:: EXERCISE GOAL ::
In the entries below, every line that contains "does" must be located and copied.

:: SUPPLIED ENTRIES ::

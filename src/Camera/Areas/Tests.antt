-- ===== src/Camera/Areas/Tests.antt =====
-- Texts of areas.
use android_hardware_samsung.Common.{
  ℕ, ◌+◌, ◌-◌, ◌*◌, ◌≡◌, true, some, List, [], ◌∷◌, ltb, ◌==◌, if◌then◌else◌, refl,
}
use android_hardware_samsung.Common.Int.{ℤ, pos, negsuc}
use android_hardware_samsung.Camera.Areas.{
  Area, next_bracket, tokens, sub_brackets_str2_ints, is_valid_area, area_loop, brackets_str2_ints,
}
use android_hardware_samsung.Camera.Areas.Accepted.{IsAnswer, brackets_lem}

-- Decimal digits up to another character, behind a sign.
abbrev digits : ℕ → List ℕ → ℕ
digits n [] = n
digits n (c ∷ cs) =
    let rest = digits (10 * n + (c - 48)) cs in if ltb c 48 then n else if ltb 57 c then n else rest

abbrev negated : ℕ → ℤ
negated n = if n == 0 then pos 0 else negsuc (n - 1)

abbrev atoi : List ℕ → ℤ
atoi [] = pos 0
atoi (c ∷ cs) = if c == 45 then negated (digits 0 cs) else pos (digits 0 (c ∷ cs))

abbrev no_area : Area
no_area = record { x1 = pos 0; y1 = pos 0; x2 = pos 0; y2 = pos 0; weight = pos 0 }

-- "(-9,-8,10,0,30)"
abbrev text : List ℕ
text = 40 ∷ 45 ∷ 57 ∷ 44 ∷ 45 ∷ 56 ∷ 44 ∷ 49 ∷ 48 ∷ 44 ∷ 48 ∷ 44 ∷ 51 ∷ 48 ∷ 41 ∷ []

abbrev area : Area
area = record { x1 = negsuc 8; y1 = negsuc 7; x2 = pos 10; y2 = pos 0; weight = pos 30 }

one_read : brackets_str2_ints atoi true 2 no_area text ≡ some (1, area ∷ [])
unfolding brackets_str2_ints area_loop next_bracket tokens sub_brackets_str2_ints is_valid_area
one_read = refl

brackets_lem_example : IsAnswer 2 (brackets_str2_ints atoi true 2 no_area text)
brackets_lem_example = brackets_lem atoi 2 no_area text
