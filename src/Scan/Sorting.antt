-- ===== src/Scan/Sorting.antt =====
-- Insertions into a list of items.
use molten_db.Prelude.{
  ◌≡◌, refl, arith, true, false, List, [], ◌∷◌, ◌++◌, All, if◌then◌else◌, Bool-cases, inl, inr, ap,
  sym, ◌∙◌,
}
use molten_db.Scan.{SortItem, item_lt, Heap, push}
use molten_db.Scan.Order.{item_lt_trans, item_lt_asym, item_lt_total}

-- The items, each inserted, from the first on.
unfoldable pub sort_into : Heap → List SortItem → Heap
sort_into heap [] = heap
sort_into heap (x ∷ xs) = sort_into (push x heap) xs

-- No item is before one that stands before it.
abbrev pub IsSorted : Heap → Type 0
IsSorted [] = Unit
IsSorted (x ∷ heap) = All (λ y. item_lt y x ≡ false) heap × IsSorted heap

pub lt_not_lt : (x y z : SortItem) → item_lt x y ≡ true → item_lt z y ≡ false → item_lt x z ≡ true
lt_not_lt x y z h k = elim (Bool-cases (item_lt x z)) [
  | inl own ↦ own
  | inr other ↦ ground (arith, h, k, other, item_lt_total x z other, item_lt_trans z x y)
]

pub not_lt_trans :
    (x y z : SortItem) → item_lt y x ≡ false → item_lt z y ≡ false → item_lt z x ≡ false
not_lt_trans x y z h k = elim (Bool-cases (item_lt z x)) [
  | inl own ↦ ground (arith, h, k, own, lt_not_lt z x y own h)
  | inr other ↦ other
]

module _ (x y : SortItem) (heap : Heap) where
  pub push_first : item_lt x y ≡ true → push x (y ∷ heap) ≡ x ∷ y ∷ heap
  unfolding push
  push_first h = rw h refl

  pub push_later : item_lt x y ≡ false → push x (y ∷ heap) ≡ y ∷ push x heap
  unfolding push
  push_later h = rw h refl

pub push_none : (x : SortItem) → push x [] ≡ x ∷ []
unfolding push
push_none x = refl

push_one : (x y : SortItem) → push x (y ∷ []) ≡ push y (x ∷ [])
push_one x y = elim (Bool-cases (item_lt x y)) [
  | inl less ↦
      push_first x y [] less
      ∙ sym (push_later y x [] (item_lt_asym x y less) ∙ ap (λ t. x ∷ t) (push_none y))
  | inr later ↦ elim (Bool-cases (item_lt y x)) [
    | inl more ↦
        push_later x y [] later ∙ ap (λ t. y ∷ t) (push_none x) ∙ sym (push_first y x [] more)
    | inr neither ↦
        let same : x ≡ y = item_lt_total x y later neither in λ i. push (same i) (sym same i ∷ [])
  ]
]

-- Two items in front of one that both are before.
push_both :
    (x y z : SortItem) (heap : Heap)
    → item_lt x z ≡ true
    → item_lt y z ≡ true
    → push x (y ∷ z ∷ heap) ≡ push y (x ∷ z ∷ heap)
push_both x y z heap h k = elim (Bool-cases (item_lt x y)) [
  | inl less ↦
      push_first x y (z ∷ heap) less
      ∙ sym (
          push_later y x (z ∷ heap) (item_lt_asym x y less)
          ∙ ap (λ t. x ∷ t) (push_first y z heap k))
  | inr later ↦ elim (Bool-cases (item_lt y x)) [
    | inl more ↦
        push_later x y (z ∷ heap) later
        ∙ ap (λ t. y ∷ t) (push_first x z heap h)
        ∙ sym (push_first y x (z ∷ heap) more)
    | inr neither ↦
        let same : x ≡ y = item_lt_total x y later neither in
        λ i. push (same i) (sym same i ∷ z ∷ heap)
  ]
]

-- One item before the front and one not.
push_around :
    (x y z : SortItem) (heap : Heap)
    → item_lt x z ≡ true
    → item_lt y z ≡ false
    → push x (push y (z ∷ heap)) ≡ push y (push x (z ∷ heap))
push_around x y z heap h k =
    let after : item_lt y x ≡ false = elim (Bool-cases (item_lt y x)) [
      | inl less ↦ ground (arith, less, k, item_lt_trans y x z less h)
      | inr later ↦ later
    ] in
    ap (push x) (push_later y z heap k)
    ∙ push_first x z (push y heap) h
    ∙ sym (
        ap (push y) (push_first x z heap h)
        ∙ push_later y x (z ∷ heap) after
        ∙ ap (λ t. x ∷ t) (push_later y z heap k))

pub push-push : (x y : SortItem) (heap : Heap) → push x (push y heap) ≡ push y (push x heap)
push-push x y [] = ap (push x) (push_none y) ∙ push_one x y ∙ sym (ap (push y) (push_none x))
push-push x y (z ∷ heap) = elim (Bool-cases (item_lt x z)) [
  | inl h ↦ elim (Bool-cases (item_lt y z)) [
    | inl k ↦
        ap (push x) (push_first y z heap k)
        ∙ push_both x y z heap h k
        ∙ sym (ap (push y) (push_first x z heap h))
    | inr k ↦ push_around x y z heap h k
  ]
  | inr h ↦ elim (Bool-cases (item_lt y z)) [
    | inl k ↦ sym (push_around y x z heap k h)
    | inr k ↦
        ap (push x) (push_later y z heap k)
        ∙ push_later x z (push y heap) h
        ∙ ap (λ t. z ∷ t) (push-push x y heap)
        ∙ sym (ap (push y) (push_later x z heap h) ∙ push_later y z (push x heap) k)
  ]
]

All-push :
    (x y : SortItem) (heap : Heap)
    → item_lt y x ≡ false
    → All (λ z. item_lt z x ≡ false) heap
    → All (λ z. item_lt z x ≡ false) (push y heap)
unfolding push
All-push x y [] h k = (h, tt)
All-push x y (z ∷ heap) h k =
    elim (item_lt y z)
      as (λ b. All (λ z. item_lt z x ≡ false) (if b then y ∷ z ∷ heap else z ∷ push y heap)) [
        | true ↦ (h, k)
        | false ↦ (k.0, All-push x y heap h k.1)
      ]

All-trans :
    (x y : SortItem) (heap : Heap)
    → item_lt y x ≡ false
    → All (λ z. item_lt z y ≡ false) heap
    → All (λ z. item_lt z x ≡ false) heap
All-trans x y [] h k = tt
All-trans x y (z ∷ heap) h k = (not_lt_trans x y z h k.0, All-trans x y heap h k.1)

pub push-IsSorted : (x : SortItem) (heap : Heap) → IsSorted heap → IsSorted (push x heap)
unfolding push
push-IsSorted x [] s = (tt, tt)
push-IsSorted x (y ∷ heap) s = elim (Bool-cases (item_lt x y)) [
  | inl own ↦ rw own ((item_lt_asym x y own, All-trans x y heap (item_lt_asym x y own) s.0), s)
  | inr other ↦ rw other (All-push y x heap other s.0, push-IsSorted x heap s.1)
]

pub sort_into-push :
    (x : SortItem) (heap : Heap) (xs : List SortItem)
    → sort_into (push x heap) xs ≡ push x (sort_into heap xs)
unfolding sort_into
sort_into-push x heap [] = refl
sort_into-push x heap (y ∷ xs) =
    ap (λ h. sort_into h xs) (push-push y x heap) ∙ sort_into-push x (push y heap) xs

pub sort_into-append :
    (heap : Heap) (xs ys : List SortItem)
    → sort_into heap (xs ++ ys) ≡ sort_into (sort_into heap xs) ys
unfolding sort_into
sort_into-append heap [] ys = refl
sort_into-append heap (x ∷ xs) ys = sort_into-append (push x heap) xs ys

pub sort_into-IsSorted :
    (heap : Heap) (xs : List SortItem) → IsSorted heap → IsSorted (sort_into heap xs)
unfolding sort_into
sort_into-IsSorted heap [] s = s
sort_into-IsSorted heap (x ∷ xs) s = sort_into-IsSorted (push x heap) xs (push-IsSorted x heap s)

-- To insert the items of a pushed heap is to insert the item and those of the heap.
sort_into_pushed :
    (heap : Heap) (x : SortItem) (ys : Heap)
    → sort_into heap (push x ys) ≡ push x (sort_into heap ys)
unfolding push sort_into
sort_into_pushed heap x [] = refl
sort_into_pushed heap x (y ∷ ys) = elim (Bool-cases (item_lt x y)) [
  | inl own ↦ ap (sort_into heap) (push_first x y ys own) ∙ sort_into-push x heap (y ∷ ys)
  | inr other ↦ ap (sort_into heap) (push_later x y ys other) ∙ sort_into_pushed (push y heap) x ys
]

-- Sorting the items before does not matter.
pub sort_into-sorted :
    (heap : Heap) (ys : Heap) (xs : List SortItem)
    → sort_into heap (sort_into ys xs) ≡ sort_into (sort_into heap ys) xs
unfolding sort_into
sort_into-sorted heap ys [] = refl
sort_into-sorted heap ys (x ∷ xs) =
    sort_into-sorted heap (push x ys) xs ∙ ap (λ h. sort_into h xs) (sort_into_pushed heap x ys)
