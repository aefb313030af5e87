-- ===== src/Scan/Alone.antt =====
-- What one task finds alone in a collection.
use mathlib.Core.List.{append_assoc}
use molten_db.Prelude.{
  ◌≡◌, refl, ℕ, Bool, Option, none, some, List, [], ◌∷◌, ◌++◌, take, if◌then◌else◌, ap, sym, ◌∙◌,
  Bytes, Str,
}
use molten_db.Prelude.Map.{Map}
use molten_db.Codec.Token.{read_msgpack_seq_token}
use molten_db.Query.Host.{Host}
use molten_db.Scan.{SortItem, TaskKind, filtered, sorted, Task, Accum, pairs, heap, sort_item}
use molten_db.Scan.Sorting.{sort_into}

module _ (skip : Bytes → Option Bytes) (h : Host) where
  abbrev pub one_item : Option SortItem → List SortItem
  one_item none = []
  one_item (some item) = item ∷ []

  -- The items of the documents that pass the filter and have a number at the path.
  unfoldable pub candidates : List Str → Bool → (Str → Bytes → Bool) → Map Str Bytes → List SortItem
  unfolding sort_item
  candidates path desc passes [] = []
  candidates path desc passes ((key, bytes) ∷ col) =
      (if passes key bytes then one_item (sort_item skip h path desc key bytes) else [])
      ++ candidates path desc passes col

  -- The documents that pass the filter, by their sequence numbers and keys.
  unfoldable pub matching : (Str → Bytes → Bool) → Map Str Bytes → List (ℕ × Str)
  unfolding read_msgpack_seq_token
  matching passes [] = []
  matching passes ((key, bytes) ∷ col) =
      (if passes key bytes then (read_msgpack_seq_token skip bytes, key) ∷ [] else [])
      ++ matching passes col

  -- What one task finds alone: all matches, or the first of the sorted candidates.
  unfoldable pub found_by : TaskKind → (Str → Bytes → Bool) → Map Str Bytes → Accum
  unfolding candidates matching sort_into
  found_by filtered passes col = pairs (matching passes col)
  found_by (sorted path desc most) passes col =
      heap (take most (sort_into [] (candidates path desc passes col)))

  abbrev pub found : Map Str Bytes → Task → Accum
  found col t = found_by t.kind t.predicate col

  pub candidates-append :
      (path : List Str) (desc : Bool) (passes : Str → Bytes → Bool) (xs ys : Map Str Bytes)
      → candidates path desc passes (xs ++ ys)
        ≡ candidates path desc passes xs ++ candidates path desc passes ys
  unfolding candidates
  candidates-append path desc passes [] ys = refl
  candidates-append path desc passes ((key, bytes) ∷ xs) ys =
      ap
        (λ l.
          (if passes key bytes then one_item (sort_item skip h path desc key bytes) else []) ++ l)
        (candidates-append path desc passes xs ys)
      ∙ sym (append_assoc _ (candidates path desc passes xs) (candidates path desc passes ys))

  pub matching-append :
      (passes : Str → Bytes → Bool) (xs ys : Map Str Bytes)
      → matching passes (xs ++ ys) ≡ matching passes xs ++ matching passes ys
  unfolding matching
  matching-append passes [] ys = refl
  matching-append passes ((key, bytes) ∷ xs) ys =
      ap
        (λ l. (if passes key bytes then (read_msgpack_seq_token skip bytes, key) ∷ [] else []) ++ l)
        (matching-append passes xs ys)
      ∙ sym (append_assoc _ (matching passes xs) (matching passes ys))
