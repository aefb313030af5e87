-- ===== src/Scan/Heap.antt =====
-- A bounded heap keeps the smallest items.
use molten_db.Prelude.{
  ◌≡◌, refl, arith, ℕ, zero, suc, ◌≤◌, true, false, some, List, [], ◌∷◌, All, length, take, leb,
  nat_beq, if◌then◌else◌, Bool-cases, inl, inr, ap, sym, ◌∙◌,
}
use molten_db.Scan.{SortItem, item_lt, Heap, push, peek, pop, push_bounded, push_all}
use molten_db.Scan.Sorting.{
  sort_into, IsSorted, lt_not_lt, push_first, push_later, push_none, push-IsSorted,
}

last : SortItem → Heap → SortItem
last y [] = y
last y (z ∷ heap) = last z heap

peek-last : (y : SortItem) (heap : Heap) → peek (y ∷ heap) ≡ some (last y heap)
unfolding peek last
peek-last y [] = refl
peek-last y (z ∷ heap) = peek-last z heap

last_above :
    (x y : SortItem) (heap : Heap)
    → IsSorted (y ∷ heap)
    → item_lt x y ≡ true
    → item_lt x (last y heap) ≡ true
unfolding last
last_above x y [] s h = h
last_above x y (z ∷ heap) s h = last_above x z heap s.1 (lt_not_lt x y z h s.0.0)

take-pop : (y : SortItem) (heap : Heap) → take (length heap) (y ∷ heap) ≡ pop (y ∷ heap)
unfolding pop
take-pop y [] = refl
take-pop y (z ∷ heap) = ap (λ t. y ∷ t) (take-pop z heap)

-- What a push to a full heap makes of it.
take-push-full :
    (x y : SortItem) (heap : Heap)
    → IsSorted (y ∷ heap)
    → take (suc (length heap)) (push x (y ∷ heap))
      ≡ (if item_lt x (last y heap) then push x (pop (y ∷ heap)) else y ∷ heap)
unfolding last pop
take-push-full x y [] s = elim (Bool-cases (item_lt x y)) [
  | inl less ↦ rw less (ap (take 1) (push_first x y [] less) ∙ sym (push_none x))
  | inr later ↦ rw later (ap (take 1) (push_later x y [] later))
]
take-push-full x y (z ∷ heap) s = elim (Bool-cases (item_lt x y)) [
  | inl less ↦ rw (last_above x y (z ∷ heap) s less) (
      ap (take (suc (suc (length heap)))) (push_first x y (z ∷ heap) less)
      ∙ ap (λ t. x ∷ y ∷ t) (take-pop z heap)
      ∙ sym (push_first x y (pop (z ∷ heap)) less))
  | inr later ↦
      ap (take (suc (suc (length heap)))) (push_later x y (z ∷ heap) later)
      ∙ ap (λ t. y ∷ t) (take-push-full x z heap s.1)
      ∙ elim (Bool-cases (item_lt x (last z heap))) [
        | inl h ↦ rw h (sym (push_later x y (pop (z ∷ heap)) later))
        | inr h ↦ rw h refl
      ]
]

take-all : (n : ℕ) (heap : Heap) → length heap ≤ n → take n heap ≡ heap
take-all zero [] h = refl
take-all zero (x ∷ heap) h = absurd (omega (arith, h))
take-all (suc n) [] h = refl
take-all (suc n) (x ∷ heap) h = ap (λ t. x ∷ t) (take-all n heap (omega (arith, h)))

pub length-push : (x : SortItem) (heap : Heap) → length (push x heap) ≡ suc (length heap)
unfolding push
length-push x [] = refl
length-push x (y ∷ heap) = ground (arith, length-push x heap)

not_zero : (c : ℕ) → nat_beq (suc c) 0 ≡ false
not_zero c = ground arith

bounded_full :
    (c : ℕ) (x y : SortItem) (heap : Heap)
    → leb (suc c) (suc (length heap)) ≡ true
    → push_bounded (suc c) (y ∷ heap) x
      ≡ (if item_lt x (last y heap) then push x (pop (y ∷ heap)) else y ∷ heap)
unfolding push_bounded
bounded_full c x y heap h = rw (h, not_zero c, push_bounded) (rw (peek-last y heap) refl)

bounded_room :
    (c : ℕ) (x : SortItem) (heap : Heap)
    → leb (suc c) (length heap) ≡ false
    → push_bounded (suc c) heap x ≡ push x heap
unfolding push_bounded
bounded_room c x heap h = rw (h, not_zero c, push_bounded) refl

push_bounded-take :
    (cap : ℕ) (x : SortItem) (heap : Heap)
    → IsSorted heap
    → length heap ≤ cap
    → push_bounded cap heap x ≡ take cap (push x heap)
push_bounded-take zero x [] s h = unfold push_bounded in refl
push_bounded-take zero x (y ∷ heap) s h = absurd (omega (arith, h))
push_bounded-take (suc c) x [] s h =
    bounded_room c x [] (ground arith)
    ∙ sym (take-all (suc c) (push x []) (omega (arith, length-push x [])))
push_bounded-take (suc c) x (y ∷ heap) s h = elim (Bool-cases (leb (suc c) (suc (length heap)))) [
  | inl full ↦
      let same : c ≡ length heap = ground (arith, full, h) in
      bounded_full c x y heap full ∙ sym (rw same (take-push-full x y heap s))
  | inr room ↦
      bounded_room c x (y ∷ heap) room
      ∙ sym (take-all (suc c) (push x (y ∷ heap)) (ground (arith, room, length-push x (y ∷ heap))))
]

take-take : (n : ℕ) (heap : Heap) → take n (take (suc n) heap) ≡ take n heap
take-take zero heap = refl
take-take (suc n) [] = refl
take-take (suc n) (x ∷ heap) = ap (λ t. x ∷ t) (take-take n heap)

take-cons-take : (n : ℕ) (y : SortItem) (heap : Heap) → take n (y ∷ take n heap) ≡ take n (y ∷ heap)
take-cons-take zero y heap = refl
take-cons-take (suc n) y heap = ap (λ t. y ∷ t) (take-take n heap)

length-take-le : (n : ℕ) (heap : Heap) → length (take n heap) ≤ n
length-take-le zero heap = omega arith
length-take-le (suc n) [] = omega arith
length-take-le (suc n) (x ∷ heap) = omega (arith, length-take-le n heap)

All-take :
    (n : ℕ) (x : SortItem) (heap : Heap)
    → All (λ y. item_lt y x ≡ false) heap
    → All (λ y. item_lt y x ≡ false) (take n heap)
All-take zero x heap h = tt
All-take (suc n) x [] h = tt
All-take (suc n) x (y ∷ heap) h = (h.0, All-take n x heap h.1)

-- A cut before an insertion does not show behind it.
take-push-take :
    (n : ℕ) (x : SortItem) (heap : Heap) → take n (push x (take n heap)) ≡ take n (push x heap)
take-push-take zero x heap = refl
take-push-take (suc n) x [] = refl
take-push-take (suc n) x (y ∷ heap) = elim (Bool-cases (item_lt x y)) [
  | inl less ↦
      ap (take (suc n)) (push_first x y (take n heap) less)
      ∙ ap (λ t. x ∷ t) (take-cons-take n y heap)
      ∙ sym (ap (take (suc n)) (push_first x y heap less))
  | inr later ↦
      ap (take (suc n)) (push_later x y (take n heap) later)
      ∙ ap (λ t. y ∷ t) (take-push-take n x heap)
      ∙ sym (ap (take (suc n)) (push_later x y heap later))
]

take-IsSorted : (n : ℕ) (heap : Heap) → IsSorted heap → IsSorted (take n heap)
take-IsSorted zero heap s = tt
take-IsSorted (suc n) [] s = tt
take-IsSorted (suc n) (x ∷ heap) s = (All-take n x heap s.0, take-IsSorted n heap s.1)

-- The smallest of the items are kept, whatever was pushed before.
pub push_all-take :
    (cap : ℕ) (heap : Heap) (xs : List SortItem)
    → IsSorted heap
    → push_all cap (take cap heap) xs ≡ take cap (sort_into heap xs)
unfolding push_all sort_into
push_all-take cap heap [] s = refl
push_all-take cap heap (x ∷ xs) s =
    ap (λ h. push_all cap h xs)
      (push_bounded-take cap x (take cap heap) (take-IsSorted cap heap s) (length-take-le cap heap)
        ∙ take-push-take cap x heap)
    ∙ push_all-take cap (push x heap) xs (push-IsSorted x heap s)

:: RESULT OF THIS EXERCISE ::
-- Sorting the items before does not matter.
-- A cut before an insertion does not show behind it.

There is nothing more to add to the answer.